_AIM OF THE EXERCISE:_ Give an exact copy of the data that follows.

(Collected data entries)
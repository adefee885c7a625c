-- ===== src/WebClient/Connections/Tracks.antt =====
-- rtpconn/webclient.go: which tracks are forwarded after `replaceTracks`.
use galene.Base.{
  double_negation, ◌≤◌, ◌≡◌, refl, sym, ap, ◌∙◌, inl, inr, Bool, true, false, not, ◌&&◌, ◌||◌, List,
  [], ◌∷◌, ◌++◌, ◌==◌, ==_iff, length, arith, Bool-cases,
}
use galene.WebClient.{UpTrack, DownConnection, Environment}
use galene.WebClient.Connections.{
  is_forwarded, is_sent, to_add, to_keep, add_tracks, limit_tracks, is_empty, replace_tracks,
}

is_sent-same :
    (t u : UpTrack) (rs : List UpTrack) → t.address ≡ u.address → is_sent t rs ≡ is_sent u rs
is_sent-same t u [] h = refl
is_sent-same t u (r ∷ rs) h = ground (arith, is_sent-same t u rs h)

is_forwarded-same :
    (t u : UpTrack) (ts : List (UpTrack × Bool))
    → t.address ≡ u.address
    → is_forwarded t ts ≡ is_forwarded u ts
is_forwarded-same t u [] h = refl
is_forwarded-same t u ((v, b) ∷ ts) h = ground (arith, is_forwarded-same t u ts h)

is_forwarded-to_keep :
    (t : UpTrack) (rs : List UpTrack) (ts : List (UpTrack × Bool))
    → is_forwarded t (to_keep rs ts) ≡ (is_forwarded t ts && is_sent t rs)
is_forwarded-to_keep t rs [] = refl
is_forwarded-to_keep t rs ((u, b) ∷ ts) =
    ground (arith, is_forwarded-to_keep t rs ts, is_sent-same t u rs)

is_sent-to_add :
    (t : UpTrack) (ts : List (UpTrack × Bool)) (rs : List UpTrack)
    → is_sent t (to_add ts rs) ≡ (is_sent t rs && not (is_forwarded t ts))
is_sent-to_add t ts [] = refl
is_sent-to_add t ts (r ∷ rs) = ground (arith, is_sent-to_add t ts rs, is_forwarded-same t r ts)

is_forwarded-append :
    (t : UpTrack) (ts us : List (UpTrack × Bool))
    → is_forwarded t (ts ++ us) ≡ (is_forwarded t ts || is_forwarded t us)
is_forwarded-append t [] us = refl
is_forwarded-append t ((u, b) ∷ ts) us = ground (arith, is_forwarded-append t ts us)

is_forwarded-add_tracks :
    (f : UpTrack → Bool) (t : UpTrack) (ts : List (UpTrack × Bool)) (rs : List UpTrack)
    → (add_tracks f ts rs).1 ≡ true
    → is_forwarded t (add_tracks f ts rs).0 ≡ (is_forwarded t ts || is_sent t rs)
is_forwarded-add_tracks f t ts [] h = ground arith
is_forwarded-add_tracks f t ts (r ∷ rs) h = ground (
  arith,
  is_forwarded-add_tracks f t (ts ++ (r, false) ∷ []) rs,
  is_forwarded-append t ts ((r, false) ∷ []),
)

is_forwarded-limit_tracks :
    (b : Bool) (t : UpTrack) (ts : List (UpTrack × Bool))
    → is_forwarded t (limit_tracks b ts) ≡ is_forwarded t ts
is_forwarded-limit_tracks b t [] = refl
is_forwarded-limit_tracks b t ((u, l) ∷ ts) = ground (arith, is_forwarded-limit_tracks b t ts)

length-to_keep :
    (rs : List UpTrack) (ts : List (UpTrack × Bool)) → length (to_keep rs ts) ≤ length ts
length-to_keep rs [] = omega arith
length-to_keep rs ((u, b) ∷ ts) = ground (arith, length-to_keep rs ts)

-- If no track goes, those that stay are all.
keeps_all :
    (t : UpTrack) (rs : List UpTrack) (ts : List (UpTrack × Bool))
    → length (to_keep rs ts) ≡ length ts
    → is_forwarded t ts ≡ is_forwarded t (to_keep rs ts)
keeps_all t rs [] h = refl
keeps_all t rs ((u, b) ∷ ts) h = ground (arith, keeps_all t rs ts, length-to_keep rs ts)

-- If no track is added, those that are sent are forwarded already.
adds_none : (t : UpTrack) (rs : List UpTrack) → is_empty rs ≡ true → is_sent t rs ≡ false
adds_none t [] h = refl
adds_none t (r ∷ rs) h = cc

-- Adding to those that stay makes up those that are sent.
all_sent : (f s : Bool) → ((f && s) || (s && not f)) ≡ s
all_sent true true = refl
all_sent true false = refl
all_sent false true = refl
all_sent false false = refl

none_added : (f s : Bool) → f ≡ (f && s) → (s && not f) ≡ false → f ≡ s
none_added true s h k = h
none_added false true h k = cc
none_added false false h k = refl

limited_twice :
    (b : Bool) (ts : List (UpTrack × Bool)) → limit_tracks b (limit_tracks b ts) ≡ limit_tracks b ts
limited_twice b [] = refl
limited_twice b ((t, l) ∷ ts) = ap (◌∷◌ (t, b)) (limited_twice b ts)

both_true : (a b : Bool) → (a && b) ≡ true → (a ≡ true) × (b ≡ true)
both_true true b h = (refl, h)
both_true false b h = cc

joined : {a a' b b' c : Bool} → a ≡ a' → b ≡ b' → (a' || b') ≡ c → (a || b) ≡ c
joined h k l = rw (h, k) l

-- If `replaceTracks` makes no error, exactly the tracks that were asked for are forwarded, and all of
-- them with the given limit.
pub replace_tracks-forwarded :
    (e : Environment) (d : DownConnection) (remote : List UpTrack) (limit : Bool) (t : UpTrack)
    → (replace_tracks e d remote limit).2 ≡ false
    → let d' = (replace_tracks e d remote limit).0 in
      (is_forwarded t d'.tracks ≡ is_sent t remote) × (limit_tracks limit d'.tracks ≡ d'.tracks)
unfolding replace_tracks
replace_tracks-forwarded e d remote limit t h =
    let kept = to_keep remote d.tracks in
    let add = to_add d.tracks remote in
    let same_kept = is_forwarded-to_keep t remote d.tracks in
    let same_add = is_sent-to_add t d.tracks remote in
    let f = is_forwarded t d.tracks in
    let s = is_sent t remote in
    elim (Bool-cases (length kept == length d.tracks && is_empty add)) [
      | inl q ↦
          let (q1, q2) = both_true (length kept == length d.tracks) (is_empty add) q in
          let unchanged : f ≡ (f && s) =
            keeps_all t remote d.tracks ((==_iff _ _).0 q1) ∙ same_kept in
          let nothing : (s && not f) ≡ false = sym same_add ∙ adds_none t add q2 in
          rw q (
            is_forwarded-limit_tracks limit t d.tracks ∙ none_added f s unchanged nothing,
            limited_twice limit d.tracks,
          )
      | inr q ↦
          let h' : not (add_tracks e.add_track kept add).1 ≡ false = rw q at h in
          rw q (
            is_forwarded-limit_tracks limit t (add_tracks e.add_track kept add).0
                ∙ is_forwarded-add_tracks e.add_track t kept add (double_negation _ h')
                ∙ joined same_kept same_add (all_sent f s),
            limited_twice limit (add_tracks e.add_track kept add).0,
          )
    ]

_ANSWER FOR THE TASK:_
repository adefee885c7a625c
-- ===== src/WebClient/Connections/Tracks.antt =====
-- rtpconn/webclient.go: which tracks are forwarded after `replaceTracks`.
use galene.Base.{
  double_negation, ◌≤◌, ◌≡◌, refl, sym, ap, ◌∙◌, inl, inr, Bool, true, false, not, ◌&&◌, ◌||◌, List,
  [], ◌∷◌, ◌++◌, ◌==◌, ==_iff, length, arith, Bool-cases,
}
use galene.WebClient.{UpTrack, DownConnection, Environment}
use galene.WebClient.Connections.{
  is_forwarded, is_sent, to_add, to_keep, add_tracks, limit_tracks, is_empty, replace_tracks,
}

is_sent-same :
    (t u : UpTrack) (rs : List UpTrack) → t.address ≡ u.address → is_sent t rs ≡ is_sent u rs
is_sent-same t u [] h = refl
is_sent-same t u (r ∷ rs) h = ground (arith, is_sent-same t u rs h)

is_forwarded-same :
    (t u : UpTrack) (ts : List (UpTrack × Bool))
    → t.address ≡ u.address
    → is_forwarded t ts ≡ is_forwarded u ts
is_forwarded-same t u [] h = refl
is_forwarded-same t u ((v, b) ∷ ts) h = ground (arith, is_forwarded-same t u ts h)

is_forwarded-to_keep :
    (t : UpTrack) (rs : List UpTrack) (ts : List (UpTrack × Bool))
    → is_forwarded t (to_keep rs ts) ≡ (is_forwarded t ts && is_sent t rs)
is_forwarded-to_keep t rs [] = refl
is_forwarded-to_keep t rs ((u, b) ∷ ts) =
    ground (arith, is_forwarded-to_keep t rs ts, is_sent-same t u rs)

is_sent-to_add :
    (t : UpTrack) (ts : List (UpTrack × Bool)) (rs : List UpTrack)
    → is_sent t (to_add ts rs) ≡ (is_sent t rs && not (is_forwarded t ts))
is_sent-to_add t ts [] = refl
is_sent-to_add t ts (r ∷ rs) = ground (arith, is_sent-to_add t ts rs, is_forwarded-same t r ts)

is_forwarded-append :
    (t : UpTrack) (ts us : List (UpTrack × Bool))
    → is_forwarded t (ts ++ us) ≡ (is_forwarded t ts || is_forwarded t us)
is_forwarded-append t [] us = refl
is_forwarded-append t ((u, b) ∷ ts) us = ground (arith, is_forwarded-append t ts us)

is_forwarded-add_tracks :
    (f : UpTrack → Bool) (t : UpTrack) (ts : List (UpTrack × Bool)) (rs : List UpTrack)
    → (add_tracks f ts rs).1 ≡ true
    → is_forwarded t (add_tracks f ts rs).0 ≡ (is_forwarded t ts || is_sent t rs)
is_forwarded-add_tracks f t ts [] h = ground arith
is_forwarded-add_tracks f t ts (r ∷ rs) h = ground (
  arith,
  is_forwarded-add_tracks f t (ts ++ (r, false) ∷ []) rs,
  is_forwarded-append t ts ((r, false) ∷ []),
)

is_forwarded-limit_tracks :
    (b : Bool) (t : UpTrack) (ts : List (UpTrack × Bool))
    → is_forwarded t (limit_tracks b ts) ≡ is_forwarded t ts
is_forwarded-limit_tracks b t [] = refl
is_forwarded-limit_tracks b t ((u, l) ∷ ts) = ground (arith, is_forwarded-limit_tracks b t ts)

length-to_keep :
    (rs : List UpTrack) (ts : List (UpTrack × Bool)) → length (to_keep rs ts) ≤ length ts
length-to_keep rs [] = omega arith
length-to_keep rs ((u, b) ∷ ts) = ground (arith, length-to_keep rs ts)

-- If no track goes, those that stay are all.
keeps_all :
    (t : UpTrack) (rs : List UpTrack) (ts : List (UpTrack × Bool))
    → length (to_keep rs ts) ≡ length ts
    → is_forwarded t ts ≡ is_forwarded t (to_keep rs ts)
keeps_all t rs [] h = refl
keeps_all t rs ((u, b) ∷ ts) h = ground (arith, keeps_all t rs ts, length-to_keep rs ts)

-- If no track is added, those that are sent are forwarded already.
adds_none : (t : UpTrack) (rs : List UpTrack) → is_empty rs ≡ true → is_sent t rs ≡ false
adds_none t [] h = refl
adds_none t (r ∷ rs) h = cc

-- Adding to those that stay makes up those that are sent.
all_sent : (f s : Bool) → ((f && s) || (s && not f)) ≡ s
all_sent true true = refl
all_sent true false = refl
all_sent false true = refl
all_sent false false = refl

none_added : (f s : Bool) → f ≡ (f && s) → (s && not f) ≡ false → f ≡ s
none_added true s h k = h
none_added false true h k = cc
none_added false false h k = refl

limited_twice :
    (b : Bool) (ts : List (UpTrack × Bool)) → limit_tracks b (limit_tracks b ts) ≡ limit_tracks b ts
limited_twice b [] = refl
limited_twice b ((t, l) ∷ ts) = ap (◌∷◌ (t, b)) (limited_twice b ts)

both_true : (a b : Bool) → (a && b) ≡ true → (a ≡ true) × (b ≡ true)
both_true true b h = (refl, h)
both_true false b h = cc

joined : {a a' b b' c : Bool} → a ≡ a' → b ≡ b' → (a' || b') ≡ c → (a || b) ≡ c
joined h k l = rw (h, k) l

-- If `replaceTracks` makes no error, exactly the tracks that were asked for are forwarded, and all of
-- them with the given limit.
pub replace_tracks-forwarded :
    (e : Environment) (d : DownConnection) (remote : List UpTrack) (limit : Bool) (t : UpTrack)
    → (replace_tracks e d remote limit).2 ≡ false
    → let d' = (replace_tracks e d remote limit).0 in
      (is_forwarded t d'.tracks ≡ is_sent t remote) × (limit_tracks limit d'.tracks ≡ d'.tracks)
unfolding replace_tracks
replace_tracks-forwarded e d remote limit t h =
    let kept = to_keep remote d.tracks in
    let add = to_add d.tracks remote in
    let same_kept = is_forwarded-to_keep t remote d.tracks in
    let same_add = is_sent-to_add t d.tracks remote in
    let f = is_forwarded t d.tracks in
    let s = is_sent t remote in
    elim (Bool-cases (length kept == length d.tracks && is_empty add)) [
      | inl q ↦
          let (q1, q2) = both_true (length kept == length d.tracks) (is_empty add) q in
          let unchanged : f ≡ (f && s) =
            keeps_all t remote d.tracks ((==_iff _ _).0 q1) ∙ same_kept in
          let nothing : (s && not f) ≡ false = sym same_add ∙ adds_none t add q2 in
          rw q (
            is_forwarded-limit_tracks limit t d.tracks ∙ none_added f s unchanged nothing,
            limited_twice limit d.tracks,
          )
      | inr q ↦
          let h' : not (add_tracks e.add_track kept add).1 ≡ false = rw q at h in
          rw q (
            is_forwarded-limit_tracks limit t (add_tracks e.add_track kept add).0
                ∙ is_forwarded-add_tracks e.add_track t kept add (double_negation _ h')
                ∙ joined same_kept same_add (all_sent f s),
            limited_twice limit (add_tracks e.add_track kept add).0,
          )
    ]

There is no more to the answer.